Warum die Integration scheitern wird (1)

Wenn in den nächsten Jahren Millionen von Menschen nach Deutschland kommen, muss sich zwingend die Frage stellen, was das für unsere Gesellschaft bedeuten wird. Ich bin kein Rassist. Ob die Deutschen künftig eine Variation bei der Hautfarbe haben, wie sie heute bei der Haar- oder Augenfarbe normal ist, ist mir nicht wirklich wichtig. Weit wichtiger ist für mich die Frage, ob die neuen Mitbürger ein Teil dieser Gesellschaft werden oder nicht. Damit die Hautfarbe wirklich auch für die Zukunft der Deutschen ein völlig sekundäres Merkmal wird, müsste eine Assimilation erfolgen, nicht nur eine Integration. Die Zuwanderer müssten Deutsche in allem werden, das ihrer Entscheidung unterliegt, nicht nur in der Wahl des Wohnortes und des Passes. Doch auch eine Integration kann gut funktionieren, wenn die Menschen nebeneinander friedlich und harmonisch leben und einander mit dem gebotenen Respekt anerkennen und gleichzeitig eine allgemeine Schicksalsgemeinschaft erkennen. Hier schätze ich leider die Aussichten als eher schlecht ein. Wenn wir heute nach Deutschland schauen, so wissen wir, dass die ersten Türken vor 50 Jahren nach Deutschland kamen. Ihre Zahl wuchs stetig, aber langsam. Sie waren dabei in ganz Westdeutschland verteilt, während sie schnell in Lohn und Brot waren. Dennoch sind die Zustände in Duisburg-Marxloh, in Köln-Chorweiler oder Berlin-Neukölln bekannt. Auch der arabische Miri-Clan ist bundesweit ein Begriff. Wieso sollte es dieses Mal besser laufen?

Wir schaffen es nicht

 

Es kommen zu viele

Der Hauptgrund, das Haupthindernis für eine Integration oder gar Assimilierung wird sein, dass schlicht zu viele Menschen kommen. In Kapitel über die Demographie habe ich vorgerechnet, wie hoch der Anteil der Migranten alleine aus diesem Jahr in gewissen Altersgruppen sein wird. Nachdem sie sich ihren Wohnort aussuchen können und in die Städte ziehen, wird wegen der unterschiedlichen Mietpreise ein Zuzug vor allem in die ärmeren Stadtteile erfolgen. Dort werden sich die Zuwanderer dann in satten zweistelligen Prozentzahlen konzentrieren, in einigen Straßen, sozialen Wohnungssiedlungen und Ähnlichen noch kleineren Gebietseinheiten wird die Konzentration die 50 Prozent überschreiten. Der Rest zieht daraufhin eilig weg, wenn er es sich leisten kann. Die Mietpreise fallen und Wohnungen werden frei, womit noch mehr der „Flüchtlinge” dorthin ziehen werden.

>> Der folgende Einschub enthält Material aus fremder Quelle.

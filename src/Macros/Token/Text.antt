-- ===== src/Macros/Token/Text.antt =====
-- The tokens of a macro body are its text, cut up.
use co.Prelude.{
  Option-cases, ℕ, zero, suc, ◌<◌, ◌≡◌, refl, ap, ◌∙◌, Bool, true, not, ◌&&◌, [], ◌∷◌, ◌++◌, Bytes,
  take, drop, take-append-drop, length, length-append, ◌==◌, if_both, arith, Option, none, some,
  append_assoc, inl, inr,
}
use co.Prelude.Outcome.{ok, Settles, settled, Settles-bind}
use co.Utils.Ident.{decode_utf8_char, allowed_len, ident_start_len, ident_cont_len}
use co.Utils.Literals.{is_lifetime_start}
use co.Utils.Ucn.{parse_ucn}
use co.Utils.Names.{parse_ucn_pos}
use co.Macros.Token.{
  string_lit, char_lit, quoted, ident_rest, ident_token, next_token, tokenize_from,
  tokenize_macro_body, token_text,
}
use co.Macros.Token.Cuts.{
  tokens_text, tokens_text-nil, tokens_text-cons, TakesFrom, quoted-CutOf, quoted_token-TakesFrom,
  take_pos, plain_token-TakesFrom, decode_pos,
}

module _ (is_xid_start is_xid_continue : ℕ → Bool) where
  allowed_len_pos :
      (start : Bool) (o : Option (ℕ × ℕ))
      → ((ch n : ℕ) → o ≡ some (ch, n) → 0 < n)
      → (m : ℕ) → allowed_len is_xid_start is_xid_continue start o ≡ some m
      → 0 < m
  unfolding allowed_len
  allowed_len_pos start none h m e = cc
  allowed_len_pos start (some (ch, len)) h m e = ground (arith, h ch len refl)

  ident_start_len_pos :
      (s : Bytes) (m : ℕ) → ident_start_len is_xid_start is_xid_continue s ≡ some m → 0 < m
  unfolding ident_start_len
  ident_start_len_pos [] m e = cc
  ident_start_len_pos (b ∷ s) m e = ground (
    arith,
    allowed_len_pos true (parse_ucn (b ∷ s)) (parse_ucn_pos (b ∷ s)) m,
    allowed_len_pos true (decode_utf8_char (b ∷ s)) (decode_pos (b ∷ s)) m,
  )

  ident_rest-append :
      (f : ℕ) (s : Bytes)
      → (ident_rest is_xid_start is_xid_continue f s).0
          ++ (ident_rest is_xid_start is_xid_continue f s).1
        ≡ s
  unfolding ident_rest
  ident_rest-append zero s = refl
  ident_rest-append (suc f) s =
      elim (Option-cases (ident_cont_len is_xid_start is_xid_continue s)) [
        | inl e ↦ rw (e, ident_rest)
        | inr (n, e) ↦
            rw (e, ident_rest)
              (append_assoc (take n s) _ _
                ∙ ap (λ t. take n s ++ t) (ident_rest-append f (drop n s))
                ∙ take-append-drop n s)
      ]

  ident_token-TakesFrom :
      (n b : ℕ) (r : Bytes)
      → 0 < n
      → TakesFrom (b ∷ r) (ident_token is_xid_start is_xid_continue n (b ∷ r))
  unfolding ident_token token_text
  ident_token-TakesFrom n b r h =
      let s = b ∷ r in
      let more = ident_rest is_xid_start is_xid_continue (length s) (drop n s) in
      (
        take n s ++ more.0,
        refl,
        omega (arith, take_pos n b r h, length-append {A = ℕ} (take n s) more.0),
        append_assoc (take n s) more.0 more.1
            ∙ ap (λ t. take n s ++ t) (ident_rest-append (length s) (drop n s))
            ∙ take-append-drop n s,
      )

  next_token-TakesFrom :
      (b : ℕ) (r : Bytes)
      → Settles (TakesFrom (b ∷ r)) (next_token is_xid_start is_xid_continue b r)
  unfolding next_token
  next_token-TakesFrom b r =
      let P = Settles (TakesFrom (b ∷ r)) in
      if_both P (b == b'"')
        (λ _.
          quoted_token-TakesFrom string_lit b r (quoted b r) (λ s. unfold token_text in refl)
            (quoted-CutOf b r))
        λ _.
          if_both P (b == b'\'' && not (is_lifetime_start (b ∷ r)))
            (λ _.
              quoted_token-TakesFrom char_lit b r (quoted b r) (λ s. unfold token_text in refl)
                (quoted-CutOf b r))
            λ _. elim (Option-cases (ident_start_len is_xid_start is_xid_continue (b ∷ r))) [
              | inl e ↦ rw e (settled (plain_token-TakesFrom b r))
              | inr (n, e) ↦
                  rw e (settled (ident_token-TakesFrom n b r (ident_start_len_pos (b ∷ r) n e)))
            ]

  tokenize_from-text :
      (f : ℕ) (s : Bytes)
      → length s < f
      → Settles (λ ts. tokens_text ts ≡ ok s) (tokenize_from is_xid_start is_xid_continue f s)
  unfolding tokenize_from
  tokenize_from-text zero s h = absurd (omega arith)
  tokenize_from-text (suc f) [] h = settled tokens_text-nil
  tokenize_from-text (suc f) (b ∷ r) h =
      Settles-bind (next_token-TakesFrom b r) λ (t, rest) (x, text, len, split).
        Settles-bind
          (tokenize_from-text f rest
            (omega (arith, length-append {A = ℕ} x rest, ap (length {A = ℕ}) split)))
          λ more m. settled (tokens_text-cons t more x rest text m ∙ ap ok split)

  -- Tokenizing a macro body ends, with the panic of a slice or with tokens whose texts, one after
  -- the other, are the body: no byte is lost, added or moved, whatever the identifier tests say.
  pub tokenize_macro_body-text :
      (s : Bytes)
      → Settles (λ ts. tokens_text ts ≡ ok s) (tokenize_macro_body is_xid_start is_xid_continue s)
  unfolding tokenize_macro_body
  tokenize_macro_body-text s = tokenize_from-text (suc (length s)) s (omega arith)
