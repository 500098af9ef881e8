-- ===== src/Macros/Table/Laws.antt =====
-- The macro table as a map, and `__FILE__`.
use co.Prelude.{
  Bool, false, ◌↔◌, ◌≡◌, refl, ◌∙◌, true, List, [], ◌∷◌, Bytes, codes, equal, equal_iff, none, some,
  if◌then◌else◌, arith, ◌||◌,
}
use co.Macros.Table.{
  MacroDef, MacroTable, lookup, insert, remove, define, undefine, get, is_defined, is_operator_name,
}

module _ {ℓ} {V : Type ℓ} where
  pub lookup-insert :
      (k j : Bytes) (v : V) (m : List (Bytes × V))
      → lookup j (insert k v m) ≡ (if equal k j then some v else lookup j m)
  unfolding lookup insert
  lookup-insert k j v [] = refl
  lookup-insert k j v ((i, w) ∷ m) =
      ground (arith, equal_iff k j, equal_iff i k, equal_iff i j, lookup-insert k j v m)

  pub lookup-remove :
      (k j : Bytes) (m : List (Bytes × V))
      → lookup j (remove k m) ≡ (if equal k j then none else lookup j m)
  unfolding lookup remove
  lookup-remove k j [] = ground arith
  lookup-remove k j ((i, w) ∷ m) =
      ground (arith, equal_iff k j, equal_iff i k, equal_iff i j, lookup-remove k j m)

-- `#define` and `#undef` change what `get` finds under their own name and nothing else.
pub get-define-undefine :
    (t : MacroTable) (d : MacroDef) (name other : Bytes)
    → (get (define t d) other ≡ (if equal d.name other then some d else get t other))
      × (get (undefine t name) other ≡ (if equal name other then none else get t other))
unfolding get define undefine
get-define-undefine t d name other =
    (lookup-insert d.name other d t.macros, lookup-remove name other t.macros)

equal_self : (a : Bytes) → equal a a ≡ true
equal_self a = (equal_iff a a).1 refl

get_undefined : (t : MacroTable) (name : Bytes) → get (undefine t name) name ≡ none
unfolding get undefine
get_undefined t name = lookup-remove name name t.macros ∙ rw (equal_self name)

-- The names that no `#undef` removes.
pub data IsBuiltin (name : Bytes) : Type 0 where
  counter : name ≡ codes "__COUNTER__" → IsBuiltin name
  line : name ≡ codes "__LINE__" → IsBuiltin name
  has_builtin : name ≡ codes "__has_builtin" → IsBuiltin name
  has_attribute : name ≡ codes "__has_attribute" → IsBuiltin name
  has_feature : name ≡ codes "__has_feature" → IsBuiltin name
  has_extension : name ≡ codes "__has_extension" → IsBuiltin name
  has_include : name ≡ codes "__has_include" → IsBuiltin name
  has_include_next : name ≡ codes "__has_include_next" → IsBuiltin name

or_true : (b : Bool) → (b || true) ≡ true
or_true true = refl
or_true false = refl

builtin-defined : (t : MacroTable) (name : Bytes) → IsBuiltin name → is_defined t name ≡ true
unfolding is_defined is_operator_name equal
builtin-defined t name (counter e) = rw e refl
builtin-defined t name (line e) = rw e refl
builtin-defined t name (has_builtin e) = rw e (or_true _)
builtin-defined t name (has_attribute e) = rw e (or_true _)
builtin-defined t name (has_feature e) = rw e (or_true _)
builtin-defined t name (has_extension e) = rw e (or_true _)
builtin-defined t name (has_include e) = rw e (or_true _)
builtin-defined t name (has_include_next e) = rw e (or_true _)

or-eq-true {ℓ} : {P : Type ℓ} (a b : Bool) → (a ≡ true → P) → (b ≡ true → P) → (a || b) ≡ true → P
or-eq-true true b f g h = f refl
or-eq-true false b f g h = g h

-- The last of some tests on the name.
either :
    (name word : Bytes) (before : Bool)
    → (before ≡ true → IsBuiltin name)
    → (name ≡ word → IsBuiltin name)
    → (before || equal name word) ≡ true
    → IsBuiltin name
either name word before f g =
    or-eq-true before (equal name word) f λ h. g ((equal_iff name word).0 h)

first :
    (name word : Bytes) → (name ≡ word → IsBuiltin name) → equal name word ≡ true → IsBuiltin name
first name word g h = g ((equal_iff name word).0 h)

operator : (name : Bytes) → is_operator_name name ≡ true → IsBuiltin name
unfolding is_operator_name
operator name h =
    either name (codes "__has_include_next") _
      (either name (codes "__has_include") _
        (either name (codes "__has_extension") _
          (either name (codes "__has_feature") _
            (either name (codes "__has_attribute") _
              (first name (codes "__has_builtin") has_builtin) has_attribute)
            has_feature)
          has_extension)
        has_include)
      has_include_next h

-- The test that is left where the table has no entry.
builtin :
    (name : Bytes)
    → (equal name (codes "__COUNTER__")
        || equal name (codes "__LINE__")
        || false
        || is_operator_name name)
      ≡ true
    → IsBuiltin name
builtin name =
    or-eq-true (equal name (codes "__COUNTER__") || equal name (codes "__LINE__") || false)
      (is_operator_name name)
      (or-eq-true (equal name (codes "__COUNTER__") || equal name (codes "__LINE__")) false
        (either name (codes "__LINE__") (equal name (codes "__COUNTER__"))
          (first name (codes "__COUNTER__") counter) line)
        (λ h. cc h))
      (operator name)

get_defined : (t : MacroTable) (d : MacroDef) → get (define t d) d.name ≡ some d
unfolding get define
get_defined t d = lookup-insert d.name d.name d t.macros ∙ rw (equal_self d.name)

-- A name is defined behind its `#define`, whatever it was, and behind its `#undef` just where it is
-- one of the eight built-in names.
pub is_defined-define-undefine :
    (t : MacroTable) (d : MacroDef) (name : Bytes)
    → (is_defined (define t d) d.name ≡ true)
      × ((is_defined (undefine t name) name ≡ true) ↔ IsBuiltin name)
unfolding is_defined is_operator_name
is_defined-define-undefine t d name = (
  rw (get_defined t d) (ground arith),
  (λ h. builtin name (rw (get_undefined t name) at h), builtin-defined (undefine t name) name),
)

Wie aber soll Integration in die Deutsche Gesellschaft funktionieren, wenn aufgrund dieser Umstände gar kein Teil mehr von ihr sein kann, weil man zwar in Deutschland wohnt aber keine Deutschen mehr in der Nähe sind? In Gebieten mit fast einheitlich arabischsprachiger Bevölkerung wird entsprechend schnell eine ganze Parallelgesellschaft mit Geschäften, Ärzten, Moscheen und Restaurants entstehen. Wird den Menschen dann durch den deutschen Sozialstaat ermöglicht nicht einmal mehr in einem deutschen Unternehmen arbeiten zu müssen, gibt es praktisch keinen Grund mehr, deutsch zu lernen. Die Bundesagentur für Arbeit stellt bereits die dafür notwendigen Formulare auf Arabisch zur Verfügung.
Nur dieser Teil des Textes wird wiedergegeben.